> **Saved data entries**
______
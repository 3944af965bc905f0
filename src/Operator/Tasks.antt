-- ===== src/Operator/Tasks.antt =====
-- native_stack/tools/vla_operator.py: `TaskList`, the prompts that a run switches between. Whether two
-- texts are one instruction is the model's to say: `same` is a parameter.
use kaivuriprokkis.Prelude.{
  ℕ, zero, suc, ◌+◌, ◌-◌, ◌%◌, ◌<◌, ◌≡◌, refl, Bool, true, Option, none, some, List, [], ◌∷◌, ◌++◌,
  arith, length, if◌then◌else◌, ◌⊎◌, inl, inr, Option-cases, Bool-cases, get_elem?, length-append,
}
use kaivuriprokkis.Prelude.Int.{ℤ, pos, negsuc}
use native.Mathlib.Nat.{mod-lt}
use Prim.Native.String.{String}

pub record TaskList : Type 0 where
  pub items : List String
  pub i : ℕ
  pub version : ℕ

-- The first k, from `k` on, whose text is the same instruction.
unfoldable pub index_of : (String → String → Bool) → String → ℕ → List String → Option ℕ
index_of same text k [] = none
index_of same text k (t ∷ ts) =
    let rest = index_of same text (k + 1) ts in if same t text then some k else rest

unfoldable pub add : (String → String → Bool) → String → TaskList → TaskList
unfolding index_of
add same text l = elim (index_of same text 0 l.items) [
  | some k ↦ record l { i = k; version = l.version + 1 }
  | none ↦ record {
    items = l.items ++ (text ∷ []);
    i = length (l.items ++ (text ∷ [])) - 1;
    version = l.version + 1;
  }
]

-- (self.i + d) % len(self.items), where Python's remainder is never negative
abbrev pub shifted : ℕ → ℤ → ℕ → ℕ
shifted i (pos d) n = (i + d) % n
shifted i (negsuc d) n = (i + (n - suc d % n)) % n

unfoldable pub step : ℤ → TaskList → TaskList
step d l = record l { i = shifted l.i d (length l.items); version = l.version + 1 }

-- items[k], where it stands
unfoldable pub current : TaskList → ℕ × (Option String × ℕ)
current l = (l.i, (get_elem? l.items l.i, l.version))

unfoldable pub make_tasks : (String → String → Bool) → List String → Option String → TaskList
unfolding add
make_tasks same tasks none = record { items = tasks; i = 0; version = 0 }
make_tasks same tasks (some start) = add same start (record { items = tasks; i = 0; version = 0 })

-- The selected index is one of the list's.
abbrev pub IsSelected : TaskList → Type 0
IsSelected l = l.i < length l.items

index_of-bound :
    (same : String → String → Bool) (text : String) (k : ℕ) (ts : List String) (j : ℕ)
    → index_of same text k ts ≡ some j
    → j < k + length ts
unfolding index_of
index_of-bound same text k [] j e = cc
index_of-bound same text k (t ∷ ts) j e = ground (arith, index_of-bound same text (k + 1) ts j)

-- The text at the index is the same instruction.
abbrev pub IsSame : (String → String → Bool) → String → Option String → Type 0
IsSame same text none = ⊥
IsSame same text (some t) = (same t text ≡ true) ⊎ (t ≡ text)

get_elem?-last :
    (ts : List String) (text : String) → get_elem? (ts ++ (text ∷ [])) (length ts) ≡ some text
get_elem?-last [] text = refl
get_elem?-last (t ∷ ts) text = get_elem?-last ts text

index_of-IsSame :
    (same : String → String → Bool) (text : String) (k : ℕ) (ts : List String) (j : ℕ)
    → index_of same text k ts ≡ some j
    → (i : ℕ) × (j ≡ k + i) × IsSame same text (get_elem? ts i)
unfolding index_of
index_of-IsSame same text k [] j e = cc
index_of-IsSame same text k (t ∷ ts) j e = elim (Bool-cases (same t text)) [
  | inl s ↦ (0, ground arith, inl s)
  | inr s ↦
      let (i, h, p) = index_of-IsSame same text (k + 1) ts j ground arith in (suc i, omega arith, p)
]

step-IsSelected : (d : ℤ) (l : TaskList) → IsSelected l → IsSelected (step d l)
unfolding step
step-IsSelected (pos d) l h = mod-lt (l.i + d) (omega arith)
step-IsSelected (negsuc d) l h =
    mod-lt (l.i + (length l.items - suc d % length l.items)) (omega arith)

add-IsSelected :
    (same : String → String → Bool) (text : String) (l : TaskList) → IsSelected (add same text l)
unfolding add
add-IsSelected same text l = elim (Option-cases (index_of same text 0 l.items)) [
  | inl e ↦ ground (arith, length-append l.items (text ∷ []))
  | inr (k, e) ↦ ground (arith, index_of-bound same text 0 l.items k e)
]

pub data Change : Type 0 where
  adding : String → Change
  stepping : ℤ → Change

unfoldable pub change : (String → String → Bool) → Change → TaskList → TaskList
unfolding add step
change same (adding text) l = add same text l
change same (stepping d) l = step d l

unfoldable pub run : (String → String → Bool) → List Change → TaskList → TaskList
unfolding change
run same [] l = l
run same (c ∷ cs) l = run same cs (change same c l)

change-IsSelected :
    (same : String → String → Bool) (c : Change) (l : TaskList)
    → IsSelected l
    → IsSelected (change same c l)
unfolding change
change-IsSelected same (adding text) l h = add-IsSelected same text l
change-IsSelected same (stepping d) l h = step-IsSelected d l h

change-version :
    (same : String → String → Bool) (c : Change) (l : TaskList)
    → (change same c l).version ≡ l.version + 1
unfolding change add step
change-version same (adding text) l = ground arith
change-version same (stepping d) l = refl

get_elem?-append :
    (ts us : List String) (k : ℕ) (t : String)
    → get_elem? ts k ≡ some t
    → get_elem? (ts ++ us) k ≡ some t
get_elem?-append [] us k t h = cc
get_elem?-append (u ∷ ts) us zero t h = h
get_elem?-append (u ∷ ts) us (suc k) t h = get_elem?-append ts us k t h

-- Every prompt of the first list stands at its index in the second.
abbrev pub AreKept : TaskList → TaskList → Type 0
AreKept l l' = (k : ℕ) (t : String) → get_elem? l.items k ≡ some t → get_elem? l'.items k ≡ some t

change-AreKept :
    (same : String → String → Bool) (c : Change) (l : TaskList) → AreKept l (change same c l)
unfolding change add step
change-AreKept same (adding text) l k t h =
    ground (arith, get_elem?-append l.items (text ∷ []) k t h)
change-AreKept same (stepping d) l k t h = h

-- Whatever prompts are added and whatever steps are taken, from a list whose selected index is in
-- range, the selected index stays in range, no prompt is lost or moves, and the version counts
-- the changes.
pub run-AreKept :
    (same : String → String → Bool) (cs : List Change) (l : TaskList)
    → IsSelected l
    → IsSelected (run same cs l)
      × AreKept l (run same cs l)
      × ((run same cs l).version ≡ l.version + length cs)
unfolding run
run-AreKept same [] l h = (h, (λ k t e. e), omega arith)
run-AreKept same (c ∷ cs) l h =
    let (s, kept, n) = run-AreKept same cs (change same c l) (change-IsSelected same c l h) in
    (
      s,
      (λ k t e. kept k t (change-AreKept same c l k t e)),
      omega (arith, n, change-version same c l),
    )

-- After `add`, the selected prompt is the text that was added, or one that is the same
-- instruction.
pub add-IsSame :
    (same : String → String → Bool) (text : String) (l : TaskList)
    → IsSame same text (current (add same text l)).1.0
unfolding add current
add-IsSame same text l =
    let len : length (l.items ++ (text ∷ [])) - 1 ≡ length l.items =
      omega (arith, length-append l.items (text ∷ [])) in
    elim (Option-cases (index_of same text 0 l.items)) [
      | inl e ↦ rw (add, e, len, get_elem?-last l.items text) (inr refl)
      | inr (k, e) ↦
          let (i, h, p) = index_of-IsSame same text 0 l.items k e in
          let at_k : k ≡ i = omega (arith, h) in rw (add, e, at_k) p
    ]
______
> **WHAT THE TASK ASKS**
All that is needed is the opening run of the data, given again exactly: please include every line from the first through the line with "let rest = index_of", both ends kept.

> **WRITTEN ANSWER**
repository 3944af965bc905f0
filename src/Operator/Tasks.antt
-- ===== src/Operator/Tasks.antt =====
-- native_stack/tools/vla_operator.py: `TaskList`, the prompts that a run switches between. Whether two
-- texts are one instruction is the model's to say: `same` is a parameter.
use kaivuriprokkis.Prelude.{
  ℕ, zero, suc, ◌+◌, ◌-◌, ◌%◌, ◌<◌, ◌≡◌, refl, Bool, true, Option, none, some, List, [], ◌∷◌, ◌++◌,
  arith, length, if◌then◌else◌, ◌⊎◌, inl, inr, Option-cases, Bool-cases, get_elem?, length-append,
}
use kaivuriprokkis.Prelude.Int.{ℤ, pos, negsuc}
use native.Mathlib.Nat.{mod-lt}
use Prim.Native.String.{String}

pub record TaskList : Type 0 where
  pub items : List String
  pub i : ℕ
  pub version : ℕ

-- The first k, from `k` on, whose text is the same instruction.
unfoldable pub index_of : (String → String → Bool) → String → ℕ → List String → Option ℕ
index_of same text k [] = none
index_of same text k (t ∷ ts) =
    let rest = index_of same text (k + 1) ts in if same t text then some k else rest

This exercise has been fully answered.